I sat erect. The darkness was total. I could not see the figure of him who had aroused me. I could call to mind neither the period at which I had fAllan into the trance, nor the locality in which I then lay. While I remained motionless, and busied in endeavors to collect my thought, the cold hand grasped me fiercely by the wrist, shaking it petulantly, while the gibbering voice said again:
“Arise! did I not bid thee arise?”
“And who,” I demanded, “art thou?”
“I have no name in the regions which I inhabit,” replied the voice, mournfully; “I was mortal, but am fiend. I was merciless, but am pitiful. Thou dost feel that I shudder.-My teeth chatter as I speak, yet it is not with the chilliness of the night-of the night without end. But this hideousness is insufferable. How canst thou tranquilly sleep? I cannot rest for the cry of these great agonies. These sights are more than I can bear. Get thee up! Come with me into the outer Night, and let me unfold to thee the graves. Is not this a spectacle of woe?-Behold!”

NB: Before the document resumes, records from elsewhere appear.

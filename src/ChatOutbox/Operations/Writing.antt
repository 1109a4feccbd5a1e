-- ===== src/ChatOutbox/Operations/Writing.antt =====
-- What `writeAllUnlocked` leaves in the storage, also where it stops: mobile/src/shared/lib/chatOutbox.ts.
use etkin_link.Base.{◌≡◌, refl, ◌∙◌, sym, true, List, [], ◌∷◌, Option, none, some, arith}
use etkin_link.Int.{ℤ}
use etkin_link.Text.{Str}
use etkin_link.Effect.Hoare.{Hoare, Hoare-pure, Hoare-bind, Hoare-assume, Hoare-fact}
use etkin_link.ChatOutbox.Message.{OutboxMessage, Device, serialize, fit_storage_limit}
use etkin_link.ChatOutbox.Storage.{
  main, backup, Storage, Slots, IsKeychain, read_item-Rule, write_item-Rule, delete_item-Rule,
}
use etkin_link.ChatOutbox.Operations.{
  is_set, delete_both, keep_previous, replace_main, write_fitted, write_all_unlocked,
}

-- What the main entry is for a list of messages.
abbrev pub stored : Device → List OutboxMessage → Option Str
stored device [] = none
stored device (m ∷ ms) = some (serialize device (m ∷ ms))

-- What a write leaves that a rejected call stopped: the old text, or the new one, or any text while
-- the backup has the old one, unless that was none. Where no message is left to write, nothing is kept.
pub data Cut (old new : Option Str) (s : Slots) : Type 0 where
  untouched : s.main_text ≡ old → Cut old new s
  complete : s.main_text ≡ new → Cut old new s
  backed : (is_set old ≡ true → s.backup_text ≡ old) → Cut old new s
  clearing : new ≡ none → Cut old new s

-- The main entry is old, and the backup too.
abbrev Ready : Option Str → Slots → Type 0
Ready old s = (s.main_text ≡ old) × (is_set old ≡ true → s.backup_text ≡ old)

module _ {W : Type 0} {storage : Storage W} {slots : W → Slots} {T : ℤ → Type 0}
    (keychain : IsKeychain storage slots T) (device : Device) (old : Option Str) where
  delete_both-Rule :
      Hoare slots
        (λ s. s.main_text ≡ old)
        (λ _ s. s.main_text ≡ none)
        (λ _ s. Cut old none s)
        (delete_both storage device)
  unfolding delete_both
  delete_both-Rule =
      Hoare-bind (λ _ s. s.main_text ≡ none) _ _
        (delete_item-Rule keychain main (λ s. s.main_text ≡ none) (λ s p left. clearing refl)
          (λ s p. refl))
        (λ _.
          delete_item-Rule keychain backup (λ s. s.main_text ≡ none) (λ s q left. complete q)
            (λ s q. q))

  keep_previous-Rule :
      (text previous : Option Str)
      → previous ≡ old
      → Hoare slots
          (λ s. s.main_text ≡ old)
          (λ _ s. Ready old s)
          (λ _ s. Cut old text s)
          (keep_previous storage device previous)
  unfolding keep_previous is_set
  keep_previous-Rule text none e = Hoare-pure tt (λ s p. (p, rw (sym e) (λ f. grind arith)))
  keep_previous-Rule text (some []) e = Hoare-pure tt (λ s p. (p, rw (sym e) (λ f. grind arith)))
  keep_previous-Rule text (some (c ∷ previous)) e =
      write_item-Rule keychain backup (c ∷ previous) (λ s. Ready old s) (λ s p left. untouched p)
        (λ s p. (p, λ _. e))

  replace_main-Rule :
      (text : Str)
      → Hoare slots
          (λ s. s.main_text ≡ old)
          (λ _ s. s.main_text ≡ some text)
          (λ _ s. Cut old (some text) s)
          (replace_main storage device text)
  unfolding replace_main
  replace_main-Rule text =
      Hoare-bind (λ t s. (t ≡ s.main_text) × (s.main_text ≡ old)) _ _
        (read_item-Rule keychain main (λ s p. untouched p))
        (λ previous.
          Hoare-bind (λ _ s. Ready old s) _ _
            (Hoare-assume _
              (Hoare-fact (previous ≡ old) _ (λ e. keep_previous-Rule (some text) previous e))
              (λ s p. (p.0 ∙ p.1, p.1)))
            (λ _.
              Hoare-bind (λ _ s. s.main_text ≡ some text) _ _
                (write_item-Rule keychain main text (λ s. s.main_text ≡ some text)
                  (λ s p left. backed p.1) (λ s p. refl))
                (λ _.
                  delete_item-Rule keychain backup (λ s. s.main_text ≡ some text)
                    (λ s q left. complete q) (λ s q. q))))

  write_fitted-Rule :
      (ms : List OutboxMessage)
      → Hoare slots
          (λ s. s.main_text ≡ old)
          (λ _ s. s.main_text ≡ stored device ms)
          (λ _ s. Cut old (stored device ms) s)
          (write_fitted storage device ms)
  unfolding write_fitted
  write_fitted-Rule [] = delete_both-Rule
  write_fitted-Rule (m ∷ ms) = replace_main-Rule (serialize device (m ∷ ms))

  -- Whatever the main entry was, writing leaves it with the messages that fit. Where a rejected call
  -- stops the write, the main entry has the old text or the new one, or, whatever is left in it, the
  -- backup has the old text if there was one; unless no message is left to write. A rejected call may
  -- leave anything in its own entry, and leaves the other one as it was.
  pub write_all_unlocked-Hoare :
      (messages : List OutboxMessage)
      → Hoare slots
          (λ s. s.main_text ≡ old)
          (λ _ s. s.main_text ≡ stored device (fit_storage_limit device messages))
          (λ _ s. Cut old (stored device (fit_storage_limit device messages)) s)
          (write_all_unlocked storage device messages)
  unfolding write_all_unlocked
  write_all_unlocked-Hoare messages = write_fitted-Rule (fit_storage_limit device messages)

I looked; and the unseen figure, which still grasped me by the wrist, had caused to be thrown open the graves of all mankind, and from each issued the faint phosphoric radiance of decay, so that I could see into the innermost recesses, and there view the shrouded bodies in their sad and solemn slumbers with the worm. But alas! the real sleepers were fewer, by many millions, than those who slumbered not at all; and there was a feeble struggling; and there was a general sad unrest; and from out the depths of the countless pits there came a melancholy rustling from the garments of the buried. And of those who seemed tranquilly to repose, I saw that a vast number had changed, in a greater or less degree, the rigid and uneasy position in which they had originally been entombed. And the voice again said to me as I gazed:
“Is it not-oh! is it not a pitiful sight?”-but, before I could find words to reply, the figure had ceased to grasp my wrist, the phosphoric lights expired, and the graves were closed with a sudden violence, while from out them arose a tumult of despairing cries, saying again: “Is it not-O, God, is it not a very pitiful sight?”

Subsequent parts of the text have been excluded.